Backing up to the cloud via a source deduplication-based system – table stakes for proper cloud backup – is also more efficient than the alternatives. Typical backup software sends full backups and full-file incremental backups to a backup appliance that then duplicates them. This uses more bandwidth and more resources than a well-written source deduplication system, where data is de-duplicated before it is ever sent across the network. Instead of full backups, a source deduplication system sends only the new, unique blocks each time a backup runs. Backups to the Druva Cloud Platform happen in seconds and minutes, not hours like most other backup products.

Traditional backup systems are notoriously difficult to scale. Most operate as scale up basis, not scale out. Depending on the architecture in question, you’re constantly tweaking the size of the main backup server, adding media servers, and most importantly adding additional backup appliances. Each backup appliance is a deduplication island, creating duplicates and wasted space across your environment when you backup something to more than one system. If tape is part of your equation – and it probably is – scaling is even more problematic. In addition to all these scaling problems, you also need to maintain the operating system and application, constantly upgrading and patching them for security, performance, and feature reasons.

It is true that there are some newer scale out backup systems with integrated storage. These systems are easier to scale than traditional backup systems, but they are not maintenance-free. They must be consistently upgraded and patched, and require customers  to buy capacity before it is ever used, usually purchasing two or three years worth of capacity at a time. If you do need additional capacity, you lose bargaining power and will have to pay whatever the vendor feels is appropriate.

But here’s the real problem with a typical backup system: how many hours a day are you performing backups? How many hours a day do those backup systems go unused, but still consume power and space? How much spare computing capacity is being wasted because you purchased a single-purpose backup appliance? It may be simpler and easier to use than the traditional systems of days gone by, but it also goes completely against the last 20 years of computing trends and the move toward more virtualization and cloud computing. Have you ever stopped to consider why you are buying a full-time resource to perform a part-time job?

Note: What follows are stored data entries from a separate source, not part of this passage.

-- ===== src/Base/Loop.antt =====
-- `do body while (test)` on fuel: `none` says that the fuel ran out before the test failed.
use Prim.Native.Nat.{ℕ, zero, suc, ◌<◌}
use mathlib.Core.Path.{◌≡◌, refl}
use mathlib.Core.Logic.{inl, inr}
use mathlib.Core.Bool.{Bool, true, false}
use mathlib.Core.Option.{Option, none, some}
use native.Mathlib.Omega.{arith}
use sassrv.Base.Tests.{Bool-cases}

module _ {ℓ} {S : Type ℓ} (test : S → Bool) (body : S → S) where
  unfoldable pub do_while : ℕ → S → Option S
  do_while zero s = none
  do_while (suc fuel) s = elim (test (body s)) [
    | true ↦ do_while fuel (body s)
    | false ↦ some (body s)
  ]

  -- `P` at the head of each round and `Q` at its foot: `Q` holds of the result, where the test fails.
  pub do_while_inv {κ} :
      (P Q : S → Type κ)
      → ((s : S) → P s → Q (body s))
      → ((s : S) → Q s → test s ≡ true → P s)
      → (fuel : ℕ) (s r : S) → P s
      → do_while fuel s ≡ some r
      → Q r × (test r ≡ false)
  unfolding do_while
  do_while_inv P Q foot head zero s r p e = cc
  do_while_inv P Q foot head (suc fuel) s r p e =
      ground (arith, foot s, head (body s), do_while_inv P Q foot head fuel (body s) r)

  -- A measure that falls whenever the loop goes on bounds the fuel.
  pub do_while_total {κ} :
      (P : S → Type κ) (measure : S → ℕ)
      → ((s : S) → P s → test (body s) ≡ true → P (body s) × (measure (body s) < measure s))
      → (fuel : ℕ) (s : S) → P s
      → measure s < fuel
      → (r : S) × (do_while fuel s ≡ some r)
  unfolding do_while
  do_while_total P measure keep zero s p h = absurd (omega arith)
  do_while_total P measure keep (suc fuel) s p h = elim (Bool-cases (test (body s))) [
    | inl more ↦
        let k = keep s p more in
        let (r, e) = do_while_total P measure keep fuel (body s) k.0 (omega arith) in
        (r, ground arith)
    | inr done ↦ (body s, ground arith)
  ]

  -- A state that the body leaves as it is, and where the test holds, is never left.
  pub do_while-stuck : (fuel : ℕ) (s : S) → body s ≡ s → test s ≡ true → do_while fuel s ≡ none
  unfolding do_while
  do_while-stuck zero s same more = refl
  do_while-stuck (suc fuel) s same more = ground (arith, do_while-stuck fuel s same more)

Backing up to the cloud makes sense because it is perfectly matched to how the public cloud was meant to be used. Data protection and management contain a series of tasks that sometimes need significant computing resources, and other times need none at all. In the beginning, backup needs very little storage, but over time can need quite a bit. Backup appliances try to solve both problems by selling enough compute capacity to meet peak needs and enough storage capacity to last multiple years, but creates  massive amounts of waste in the meantime.

But if you use a properly designed, cloud-native application, it would only use computing resources when necessary and would only consume storage as needs grow. No longer would you pay for compute and storage – and all the related power and cooling requirements  – that goes unused most of the time. Backing up to the cloud is more secure, faster, easier, and cheaper than the alternatives. Finally, a cloud-native service like Druva also moves your data protection system into the latest way we do things in IT – in the cloud.